** Opening Task input block **
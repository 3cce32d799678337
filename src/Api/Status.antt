-- ===== src/Api/Status.antt =====
-- The answers of internal/api/api.go: gRPC codes, and how errors and states of the storage engine
-- map onto them. The messages of a status are left out.
use beanstore.Base.{String, Option, none, some, if◌then◌else◌}
pub use beanstore.Codes.{
  Code, canceled, unknown_code, invalid_argument, deadline_exceeded, missing, already_exists,
  permission_denied, resource_exhausted, failed_precondition, aborted, out_of_range, unimplemented,
  internal, unavailable, data_loss, unauthenticated,
}
use beanstore.Lvm.Errors.{LvmError, is_kind}
use beanstore.Lvm.Errors
use beanstore.Storage.State.{
  State, creating, ready, attached, pushing, committing, incoming, retired, deleting, snapshot,
  rollback, unknown, state_text,
}
use beanstore.Storage.Errors.{
  Error, lvm_failed, not_found, wrong_state, shrink, has_snapshots, export_in_progress,
  wrong_lineage, transfer_limit, transfer_used, transfer_unknown, transfer_busy, digest_mismatch,
  bad_frame,
}

-- VolumeState of the protocol.
pub data VolumeState : Type 0 where
  state_unspecified state_creating state_ready state_attached state_pushing : VolumeState
  state_committing state_incoming state_retired state_deleting : VolumeState
  state_snapshot state_rollback : VolumeState

pub VolumeState-discrete : Discrete VolumeState
VolumeState-discrete = hlevel

-- The WrongState detail is the volume and the state that was found.
pub record Status : Type 0 where
  pub code : Code
  pub detail : Option (String × VolumeState)

abbrev pub answer_code : Code → Status
answer_code c = record { code = c; detail = none }

pub proto_state : State → VolumeState
proto_state creating = state_creating
proto_state ready = state_ready
proto_state attached = state_attached
proto_state pushing = state_pushing
proto_state committing = state_committing
proto_state incoming = state_incoming
proto_state retired = state_retired
proto_state deleting = state_deleting
proto_state snapshot = state_snapshot
proto_state rollback = state_rollback
proto_state unknown = state_unspecified

pub state_name : State → String
state_name unknown = "unknown"
state_name s = state_text s

-- The cases of volumeError on an error of lvm.
unfoldable pub lvm_error : LvmError → Status
lvm_error e =
    if is_kind e Errors.in_use
    then answer_code failed_precondition
    else if is_kind e Errors.not_found
    then answer_code missing
    else if is_kind e Errors.already_exists
    then answer_code already_exists
    else answer_code internal

-- volumeError
unfoldable pub volume_error : Error → Status
unfolding proto_state
volume_error (not_found id) = answer_code missing
volume_error (shrink id old new) = answer_code failed_precondition
volume_error (has_snapshots id) = answer_code failed_precondition
volume_error (export_in_progress id) = answer_code aborted
volume_error (wrong_state id found) = record {
  code = failed_precondition;
  detail = some (id, proto_state found);
}
volume_error (wrong_lineage id origin) = answer_code failed_precondition
volume_error (lvm_failed e) = lvm_error e
volume_error _ = answer_code internal

-- transferError
unfoldable pub transfer_error : Error → Status
transfer_error (transfer_limit n) = answer_code resource_exhausted
transfer_error (transfer_used id) = answer_code already_exists
transfer_error (transfer_unknown id) = answer_code missing
transfer_error (transfer_busy id) = answer_code aborted
transfer_error bad_frame = answer_code invalid_argument
transfer_error (digest_mismatch id) = answer_code data_loss
transfer_error _ = answer_code internal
** Closing Task input block **
### [Problem requirements]
Tell how many lines of the material above hold "String", answering with a bare number.

### [Result]
3